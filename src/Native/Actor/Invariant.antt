-- ===== src/Native/Actor/Invariant.antt =====
-- What holds of the actor of clients/rust/src/native/actor.rs between two rounds of its loop; the
-- children show that each group of handlers keeps it.
pub mod Linked
pub mod Links
pub mod Offering
pub mod Signals
pub mod Lobby
pub mod Ends
pub mod Internals
pub mod Commands
pub mod Reachable
use lobbylink.Base.{
  ◌==◌, ◌||◌, ℕ, ◌≤◌, ◌≡◌, Bool, true, false, List, [], ◌∷◌, Option, none, some, ltb, All,
  if◌then◌else◌, arith, refl, if_both,
}
use lobbylink.Base.Map
use lobbylink.Base.Map.{HashMap}
use lobbylink.Events.{Event}
use lobbylink.Protocol.{SignalPayload, offer, answer, ClientMessage, signal}
use lobbylink.Reassembly.Counters.{IsValid}
use lobbylink.Roster.{PlayerInfo}
use lobbylink.Roster.Laws.{IsRoster}
use lobbylink.Native.Actor.{
  remote_set, add_candidate, Link, Peer, Output, Actor, Shared, contains, put, ws_send,
  rebuild_timer, event,
}
use lobbylink.Native.Actor.Peers.{emit, sync_roster}

-- The link of a looked-up peer.
abbrev pub link_of : Option Peer → Option Link
link_of none = none
link_of (some peer) = some peer.link

-- One peer of the map. We start the exchange exactly with the players whose id is above ours.
pub record IsPeer (self_id counter : ℕ) (closed_links : List ℕ) (i : ℕ) (peer : Peer) : Type 0 where
  pub id : peer.link.player_id ≡ i
  pub direction : peer.link.initiator ≡ ltb self_id i
  pub numbered : peer.link.epoch ≤ counter
  pub alive : contains closed_links peer.link.epoch ≡ false
  pub buffers : IsValid peer.reassembler

-- The peers, the epochs and the watches together.
pub record IsLinked (self_id counter : ℕ) (peers : HashMap Peer) (closed_links : List ℕ)
    (watch : HashMap (Option Link)) : Type 0 where
  pub links :
      (i : ℕ) (peer : Peer)
      → Map.get peers i ≡ some peer
      → IsPeer self_id counter closed_links i peer
  pub apart :
      (i j : ℕ) (p q : Peer)
      → Map.get peers i ≡ some p
      → Map.get peers j ≡ some q
      → p.link.epoch ≡ q.link.epoch
      → i ≡ j
  pub spent : (e : ℕ) → contains closed_links e ≡ true → e ≤ counter
  pub watched : (i : ℕ) (w : Option Link) → Map.get watch i ≡ some w → w ≡ link_of (Map.get peers i)

-- Offers go up and answers go down, so two players never offer to each other.
abbrev pub IsDirected : ℕ → ℕ → SignalPayload → Type 0
IsDirected self_id to (offer sdp) = ltb self_id to ≡ true
IsDirected self_id to (answer sdp) = ltb to self_id ≡ true
IsDirected self_id to _ = Unit

-- The remote description of a connection was set.
abbrev sets : Output → ℕ → Bool
sets (remote_set i sdp) epoch = i == epoch
sets _ epoch = false

unfoldable pub described : ℕ → List Output → Bool
described epoch [] = false
described epoch (o ∷ log) = sets o epoch || described epoch log

-- What may be done after what was done before. A candidate is given to a connection only once its
-- remote description is set.
abbrev pub IsAllowed : ℕ → Output → List Output → Type 0
IsAllowed self_id (ws_send (signal to payload)) log = IsDirected self_id to payload
IsAllowed self_id (rebuild_timer id epoch ms) log =
    (ltb self_id id ≡ true) × (1000 ≤ ms) × (ms ≤ 3000)
IsAllowed self_id (add_candidate epoch candidate) log = described epoch log ≡ true
IsAllowed self_id _ log = Unit

abbrev pub AllAllowed : ℕ → List Output → Type 0
AllAllowed self_id [] = Unit
AllAllowed self_id (o ∷ log) = IsAllowed self_id o log × AllAllowed self_id log

-- A peer whose candidates no longer wait has its remote description.
abbrev pub IsFlushed : HashMap Peer → List Output → Type 0
IsFlushed peers log =
    (i : ℕ) (peer : Peer)
    → Map.get peers i ≡ some peer
    → peer.pending_candidates ≡ none
    → described peer.link.epoch log ≡ true

pub described_later :
    (epoch : ℕ) (o : Output) (log : List Output)
    → described epoch log ≡ true
    → described epoch (o ∷ log) ≡ true
unfolding described
described_later epoch o log h = ground (arith, h)

pub IsFlushed-later :
    (peers : HashMap Peer) (o : Output) (log : List Output)
    → IsFlushed peers log
    → IsFlushed peers (o ∷ log)
IsFlushed-later peers o log v i peer h n = described_later peer.link.epoch o log (v i peer h n)

pub record IsSound (self_id max_players : ℕ) (a : Actor) : Type 0 where
  pub self : a.self_id ≡ self_id
  pub slots : a.max_players ≡ max_players
  pub roster : IsRoster max_players a.roster
  pub shared : a.shared.roster ≡ a.roster
  pub linked : IsLinked self_id a.epoch_counter a.peers a.closed_links a.link_watch
  pub outputs : AllAllowed self_id a.log
  pub flushed : IsFlushed a.peers a.log

module _ {self_id max_players : ℕ} where
  pub put-IsSound :
      (a : Actor) (o : Output)
      → IsAllowed self_id o a.log
      → IsSound self_id max_players a
      → IsSound self_id max_players (put a o)
  put-IsSound a o p v = record {
    self = v.self;
    slots = v.slots;
    roster = v.roster;
    shared = v.shared;
    linked = v.linked;
    outputs = (p, v.outputs);
    flushed = IsFlushed-later a.peers o a.log v.flushed;
  }

  pub emit-IsSound :
      (a : Actor) (e : Event)
      → IsSound self_id max_players a
      → IsSound self_id max_players (emit a e)
  unfolding emit
  emit-IsSound a e v =
      if_both (IsSound self_id max_players) a.closed a (put a (event e)) v
        (put-IsSound a (event e) tt v)

  -- A new roster of the same size, shown to the API as well.
  pub with_roster-IsSound :
      (a : Actor) (roster : List PlayerInfo)
      → IsRoster max_players roster
      → IsSound self_id max_players a
      → IsSound self_id max_players (sync_roster (record a { roster = roster }))
  unfolding sync_roster
  with_roster-IsSound a roster r v = record {
    self = v.self;
    slots = v.slots;
    roster = r;
    shared = refl;
    linked = v.linked;
    outputs = v.outputs;
    flushed = v.flushed;
  }
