-- ===== src/Native/Actor/Invariant/Linked.antt =====
-- The maps of links under the making and ending of a link.
use lobbylink.Base.{
  ℕ, ◌+◌, ◌≡◌, ap, sym, ◌∙◌, Bool, List, ◌∷◌, Option, none, some, ltb, if◌then◌else◌, arith,
  Option-cases, lookup_cases, inl, inr, ◌==◌,
}
use lobbylink.Base.Map
use lobbylink.Base.Map.{HashMap, get-insert, get-insert_inv, get-remove}
use lobbylink.Reassembly
use lobbylink.Reassembly.Counters.{new-IsValid}
use lobbylink.Protocol.Values.{Json}
use lobbylink.Native.Actor.{Link, Peer, Actor, contains}
use lobbylink.Native.Actor.Peers.{drop_peer, close_peer, new_link}
use lobbylink.Native.Actor.Invariant.{IsPeer, IsLinked}

abbrev epoch_of : Peer → ℕ
epoch_of peer = peer.link.epoch

-- An epoch that is not used.
pub skip_epoch-IsLinked :
    (self_id counter : ℕ) (peers : HashMap Peer) (closed_links : List ℕ)
    (watch : HashMap (Option Link))
    → IsLinked self_id counter peers closed_links watch
    → IsLinked self_id (counter + 1) peers closed_links watch
skip_epoch-IsLinked self_id counter peers closed_links watch v = record {
  links = λ i p g.
      let old = v.links i p g in
      record {
        id = old.id;
        direction = old.direction;
        numbered = omega (arith, old.numbered);
        alive = old.alive;
        buffers = old.buffers;
      };
  apart = v.apart;
  spent = λ e g. omega (arith, v.spent e g);
  watched = v.watched;
}

module _ {self_id : ℕ} where
  pub drop_peer-IsLinked :
      (a : Actor) (k : ℕ) (peer : Peer)
      → Map.get a.peers k ≡ some peer
      → IsLinked self_id a.epoch_counter a.peers a.closed_links a.link_watch
      → IsLinked self_id a.epoch_counter
          (Map.remove a.peers k)
          (peer.link.epoch ∷ a.closed_links)
          (elim (Map.get a.link_watch k) [
            | none ↦ a.link_watch
            | some _ ↦ Map.insert a.link_watch k none
          ])
  unfolding contains
  drop_peer-IsLinked a k peer h v = record {
    links = λ i p g.
        let there = get-remove a.peers k i in
        let was = v.links i p (ground arith) in
        record {
          id = was.id;
          direction = was.direction;
          numbered = was.numbered;
          alive = ground (arith, was.alive, v.apart k i peer p h);
          buffers = was.buffers;
        };
    apart = λ i j p q g g' e.
        let one = get-remove a.peers k i in
        let two = get-remove a.peers k j in v.apart i j p q (ground arith) (ground arith) e;
    spent = λ e g. ground (arith, v.spent e, (v.links k peer h).numbered);
    watched = λ i w g.
        let there = get-remove a.peers k i in
        elim (Option-cases (Map.get a.link_watch k)) [
          | inl out ↦ ground (arith, v.watched i w)
          | inr (_, was) ↦
              let now = get-insert a.link_watch k i none in ground (arith, v.watched i w)
        ];
  }

  -- A new link under the next epoch, at a player that has none.
  pub add_link-IsLinked :
      (a : Actor) (k : ℕ) (initiator : Bool) (pending : Option (List Json))
      → initiator ≡ ltb self_id k
      → Map.get a.peers k ≡ none
      → IsLinked self_id a.epoch_counter a.peers a.closed_links a.link_watch
      → IsLinked self_id
          (a.epoch_counter + 1)
          (Map.insert a.peers k (record {
            link = new_link a k initiator;
            reassembler = Reassembly.new;
            pending_candidates = pending;
          }))
          a.closed_links
          (Map.insert a.link_watch k (some (new_link a k initiator)))
  add_link-IsLinked a k initiator pending d free v =
      let peer : Peer = record {
        link = new_link a k initiator;
        reassembler = Reassembly.new;
        pending_candidates = pending;
      } in
      let skipped =
        skip_epoch-IsLinked self_id a.epoch_counter a.peers a.closed_links a.link_watch v in
      record {
        links = λ i p g. elim (get-insert_inv a.peers k i peer p g) [
          | inl (at, same) ↦ record {
            id = ground (arith, at, same);
            direction = ground (arith, at, same, d);
            numbered = omega (arith, ap epoch_of same);
            alive = ground (arith, same, v.spent (a.epoch_counter + 1));
            buffers = rw same new-IsValid;
          }
          | inr (other, was) ↦ IsLinked.links skipped i p was
        ];
        apart = λ i j p q g g' e. elim (get-insert_inv a.peers k i peer p g) [
          | inl (at, same) ↦ elim (get-insert_inv a.peers k j peer q g') [
            | inl (at', same') ↦ at ∙ sym at'
            | inr (other, was) ↦
                absurd (omega (arith, ap epoch_of same, e, IsPeer.numbered (v.links j q was)))
          ]
          | inr (other, was) ↦ elim (get-insert_inv a.peers k j peer q g') [
            | inl (at', same') ↦
                absurd (omega (arith, ap epoch_of same', e, IsPeer.numbered (v.links i p was)))
            | inr (other', was') ↦ v.apart i j p q was was' e
          ]
        ];
        spent = λ e g. omega (arith, v.spent e g);
        watched = λ i w g.
            let there = get-insert a.peers k i peer in
            let now = get-insert a.link_watch k i (some (new_link a k initiator)) in
            ground (arith, v.watched i w);
      }

-- Nothing is left of the peer.
pub get-close_peer :
    (a : Actor) (k j : ℕ)
    → Map.get (close_peer a k).peers j ≡ (if k == j then none else Map.get a.peers j)
unfolding close_peer drop_peer
get-close_peer a k j =
    lookup_cases (λ b. Map.get (Actor.peers b) j ≡ (if k == j then none else Map.get a.peers j))
      (Map.get a.peers k) a (drop_peer a k) (λ out. ground arith)
      (λ peer there. get-remove a.peers k j)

Aim of the task. After reading the records above, say how many lines hold the string "module", using only a number.

Task result. 2